Kernels for sequence and time series data (non-static)

These kernels handle sequence and time series data, similar to a 1d CNN with global average pooling. To use one of these, when initializing the model, set kernel_choice = 'kernel name', e.g. kernel_choice = "Conv1dRBF".

IMPORTANT NOTE: In addition to these choices, you can use the FastConv1d kernel for sequences, which is described under Feature Extractors since it is actually a feature extractor rather than a typical kernel. FastConv1d is equivalent to the Conv1dTwoLayer kernel described below but sometimes using the feature extractor in preference to the kernel shown here can be useful.

Sequence Kernels

Kernel Name

Description

kernel_settings

Conv1dRBF

Compares sequences by averaging over
an RBF kernel applied pairwise to
all subsequences of length “conv_width”
in the two sequences.
“conv_width”:int
“averaging”: str One of ‘none’, ‘sqrt’,
‘full’. See below.
“intercept”:bool

Conv1dMatern

Compares sequences by averaging over
a Matern kernel applied pairwise to
all subsequences of length “conv_width”
in the two sequences.
“conv_width”:int
“averaging”: str One of ‘none’, ‘sqrt’,
‘full’. See below.
“intercept”:bool
“matern_nu”:float

Conv1dCauchy

Compares sequences by averaging over
a Cauchy kernel applied pairwise to
all subsequences of length “conv_width”
in the two sequences.
“conv_width”:int
“averaging”: str One of ‘none’, ‘sqrt’,
‘full’. See below.
“intercept”:bool

Conv1dTwoLayer

Compares sequences by performing random-weight
convolutions over the input, applying ReLU
activation with global maxpooling, then
supplying the resulting features as input
to an RBF kernel layer.
“init_rffs”: int The number of random
filter convolutions to perform.
“intercept”: bool
“conv_width”: The width of the random filters.

The Conv1dTwoLayer kernel is analogous to a three-layer convolutional neural network; it applies a set of random filters to the input, applies ReLU activation and global maxpooling, then uses the resulting features as input to an RBF kernel. You can control the number of random filters using the “init_rffs” option. A larger value for “init_rffs” will make the model slower but improve accuracy (albeit with diminishing returns).

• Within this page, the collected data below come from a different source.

-- ===== src/Local/Submission/Programs.antt =====
-- The whole programs of the token articles, and of the blob article.
use blog_solutions.Prelude.{ℕ, ℤ, ◌≡◌, refl, [], ◌∷◌, ok}
use blog_solutions.Local.Program.{Trace, World, exec, Ensures, done}
use blog_solutions.Local.Calls.{NodeCall, NodeAnswer, Call, CallAnswer, NodeProgram}
use blog_solutions.Local.Ethereum.{Ethereum}
use blog_solutions.Local.Success.{
  OnSuccess, Extends, OnSuccess-bind, OnSuccess-always, OnSuccess-weaken, OnSuccess-exec,
}
use blog_solutions.Local.Startup.{for_each}
use blog_solutions.Local.Sessions.{Reached, run-Reached}
use blog_solutions.Local.Transact.{Kind, legacy, access, dynamic}
use blog_solutions.Local.Transact.Transfer.{IsTransferred, transact-IsTransferred}
use blog_solutions.Local.Token.{deploy_token}
use blog_solutions.Local.Submission.Paid.{IsPaid}
use blog_solutions.Local.Submission.Articles.{
  series_transact-IsPaid, access_transact-IsPaid, dynamic_transact-IsPaid, series_transact_legacy,
}
use blog_solutions.Local.Access as Access
use blog_solutions.Local.Dynamic as Dynamic
use blog_solutions.Local.Series as Series

-- It held at some point of the run.
abbrev pub Within :
    {Tx : Type 0}
    → (Trace (NodeCall Tx) NodeAnswer → Type 0)
    → Trace (NodeCall Tx) NodeAnswer
    → Type 0
Within {Tx} P t = (u : Trace (NodeCall Tx) NodeAnswer) × Extends u t × P u

module _ {Tx Key : Type 0} (lib : Ethereum Tx Key) (polls : ℕ) where
  -- A loop over one kind.
  one_kind :
      (P : Trace (NodeCall Tx) NodeAnswer → Type 0) (transact : Kind → NodeProgram Tx Unit)
      (kind : Kind) (past : Trace (NodeCall Tx) NodeAnswer)
      → Ensures (OnSuccess (λ t u. P t)) past (transact kind)
      → Ensures (OnSuccess (λ t u. P t)) past (for_each transact (kind ∷ []))
  unfolding for_each
  one_kind P transact kind past h =
      OnSuccess-bind (λ t u. P t) (λ t u. P t) past (transact kind) (λ sent. done (ok tt)) h
        (λ t u w p. unfold Ensures in p)

  -- A token is deployed, and paid with.
  abbrev pub PaidWith : Kind → ℤ → Trace (NodeCall Tx) NodeAnswer → Type 0
  PaidWith kind chain t = (token : ℕ) × IsPaid lib chain token kind t

  access_work :
      (chain : ℤ)
      → Ensures (OnSuccess (λ t u. PaidWith access chain t)) [] (Access.work lib polls chain)
  unfolding Access.work
  access_work chain =
      let R : Trace (NodeCall Tx) NodeAnswer → Unit → Type 0 = λ t u. PaidWith access chain t in
      OnSuccess-bind (λ t token. Unit) R [] (deploy_token lib) _
        (OnSuccess-always [] (deploy_token lib))
        λ t1 token w1 u1.
          OnSuccess-weaken (λ t u. IsPaid lib chain token access t) R t1 _
            (one_kind (IsPaid lib chain token access) (Access.transact lib polls chain token) access
              t1 (access_transact-IsPaid lib polls token chain access t1 refl))
            (λ t u w p. (token, p))

  -- Whatever the world answers, when the program of the access list article ends without an error
  -- then the node has named the local chain and, behind that, the program has made the calls of a
  -- paid token transfer of the kind "access": a call of the token's `transfer` for the recipient
  -- and the amount, signed for that chain by the account of key 2, mined with its own receipt and
  -- an access list, with balances of the token before the sending and behind it that differ by the
  -- amount, and logged.
  pub run_access_pays :
      (world : World (Call Tx) CallAnswer)
      → (exec world [] (Access.run_access lib polls)).1 ≡ ok tt
      → Reached (PaidWith access) (exec world [] (Access.run_access lib polls)).0
  unfolding Access.run_access
  run_access_pays world e =
      OnSuccess-exec (λ t u. Reached (PaidWith access) t) world [] _ tt
        (run-Reached (PaidWith access) (Access.work lib polls) access_work) e

  dynamic_work :
      (chain : ℤ)
      → Ensures (OnSuccess (λ t u. PaidWith dynamic chain t)) [] (Dynamic.work lib polls chain)
  unfolding Dynamic.work
  dynamic_work chain =
      let R : Trace (NodeCall Tx) NodeAnswer → Unit → Type 0 = λ t u. PaidWith dynamic chain t in
      OnSuccess-bind (λ t token. Unit) R [] (deploy_token lib) _
        (OnSuccess-always [] (deploy_token lib))
        λ t1 token w1 u1.
          OnSuccess-weaken (λ t u. IsPaid lib chain token dynamic t) R t1 _
            (one_kind (IsPaid lib chain token dynamic) (Dynamic.transact lib polls chain token)
              dynamic t1 (dynamic_transact-IsPaid lib polls token chain dynamic t1 refl))
            (λ t u w p. (token, p))

  -- Whatever the world answers, when the program of the dynamic fee article ends without an error
  -- then the node has named the local chain and, behind that, the program has made the calls of a
  -- paid token transfer of the kind "dynamic": a call of the token's `transfer` for the recipient
  -- and the amount, signed for that chain by the account of key 2, mined with its own receipt, with
  -- balances of the token before the sending and behind it that differ by the amount, and logged.
  pub run_dynamic_pays :
      (world : World (Call Tx) CallAnswer)
      → (exec world [] (Dynamic.run_dynamic lib polls)).1 ≡ ok tt
      → Reached (PaidWith dynamic) (exec world [] (Dynamic.run_dynamic lib polls)).0
  unfolding Dynamic.run_dynamic
  run_dynamic_pays world e =
      OnSuccess-exec (λ t u. Reached (PaidWith dynamic) t) world [] _ tt
        (run-Reached (PaidWith dynamic) (Dynamic.work lib polls) dynamic_work) e

  -- The three transactions of the first article, one after the other.
  pub record AllSent (chain : ℤ) (t : Trace (NodeCall Tx) NodeAnswer) : Type 0 where
    pub token : ℕ
    pub transferred : Within (IsTransferred lib chain) t
    pub with_access : Within (IsPaid lib chain token access) t
    pub with_dynamic : Within (IsPaid lib chain token dynamic) t

  series_kinds :
      (token : ℕ) (chain : ℤ) (past : Trace (NodeCall Tx) NodeAnswer)
      → Ensures
          (OnSuccess (λ t u. AllSent chain t))
          past
          (for_each (Series.transact lib polls chain token) Series.kinds)
  unfolding for_each
  series_kinds token chain past =
      let R : Trace (NodeCall Tx) NodeAnswer → Unit → Type 0 = λ t u. AllSent chain t in
      OnSuccess-bind (λ t u. IsTransferred lib chain t) R past
        (Series.transact lib polls chain token legacy) _
        (rw (series_transact_legacy lib polls token chain)
          (transact-IsTransferred lib polls chain legacy past))
        λ t1 u1 w1 p1.
          OnSuccess-bind (λ t u. IsPaid lib chain token access t) R t1
            (Series.transact lib polls chain token access) _
            (series_transact-IsPaid lib polls token chain access t1 refl)
            λ t2 u2 w2 p2.
              OnSuccess-bind (λ t u. IsPaid lib chain token dynamic t) R t2
                (Series.transact lib polls chain token dynamic) (λ sent. done (ok tt))
                (series_transact-IsPaid lib polls token chain dynamic t2 refl)
                λ t3 u3 w3 p3.
                  unfold Ensures in
                  record {
                    token = token;
                    transferred = (t1, λ e x. w3 e (w2 e x), p1);
                    with_access = (t2, w3, p2);
                    with_dynamic = (t3, λ e x. x, p3);
                  }

  series_work :
      (chain : ℤ) → Ensures (OnSuccess (λ t u. AllSent chain t)) [] (Series.work lib polls chain)
  unfolding Series.work
  series_work chain =
      OnSuccess-bind (λ t token. Unit) (λ t u. AllSent chain t) [] (deploy_token lib) _
        (OnSuccess-always [] (deploy_token lib)) λ t1 token w1 u1. series_kinds token chain t1

  -- Whatever the world answers, when the program of the first article ends without an error then
  -- the node has named the local chain and, behind that, the program has made the calls of all
  -- three transactions: the legacy transfer that the recipient has got, and with one token the paid
  -- transfers of the kinds "access" and "dynamic".
  pub run_series_sends_all :
      (world : World (Call Tx) CallAnswer)
      → (exec world [] (Series.run_series lib polls)).1 ≡ ok tt
      → Reached AllSent (exec world [] (Series.run_series lib polls)).0
  unfolding Series.run_series
  run_series_sends_all world e =
      OnSuccess-exec (λ t u. Reached AllSent t) world [] _ tt
        (run-Reached AllSent (Series.work lib polls) series_work) e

If we have a sequence (or time series) of length N and k = conv_width, to measure the similarity of two sequences A and B, the Conv1dMatern, Conv1dRBF and Conv1dCauchy take all the length k subsequences of A and for each length k subsequence in A, evaluate an RBF or Cauchy or Matern kernel on it against all length d subsequences in B. The net similarity is the sum across all of these. If implemented as described, of course, this kernel would be extremely inefficient. In xGPR, however, we implement this kernel in such a way we can achieve linear scaling in both number of datapoints and sequence length.

Be aware that these convolution kernels are slower than fixed-vector input kernels, especially for long sequences, because to avoid using excessive memory, the convolutions are performed in batches (rather than all at once). As a compensating factor, they frequently need fewer random features to achieve good performance.

When using any of these kernels, you are required to supply sequence_lengths when building a dataset or doing inference. This is the number of elements in each sequence. xGPR uses this information to mask out any zero-padding you may have applied to make all the sequences the same length.

Note that all except the Conv1dTwoLayer kernel offer averaging as an option. What this means is as follows. The Conv1dRBF kernel computes the similarity of two graphs for convolution width k with \(L_1\) elements in sequence 1, \(L_2\) elements in sequence 2 as:

\[k(x_1, x_2) = \sum_i^{L_1 - k + 1} \sum_j^{L_2 - k + 1} e^{\sigma ||x_1[i:i+k] - x_2[j:j+k]||^2}\]

Cauchy and Matern are the same except with Cauchy and Matern kernels substituted.

Notice that if \(K_1 = L_1 - k + 1\), this is actually performing \(K_1 * K_2\) k-mer comparisons between the two, so the result will be larger when the sequences are longer. We can compensate for this by dividing by \(K_1 * K_2\), which is full averaging, or dividing by \(\sqrt{K_1 * K_2}\), which is sqrt averaging. Averaging is helpful if the property you are trying to predict does not depend on sequence length. It is counterproductive if sequence length actually is important.

Usually the validation set performance difference between Conv1dMatern, Conv1dCauchy and Conv1dRBF is small; if this is your primary concern, we recommend defaulting to Conv1dRBF and experimenting with the others if desired to see if some small further performance achievement can be obtained. Conv1dTwoLayer by contrast can sometimes perform significantly better (or worse) than these other options.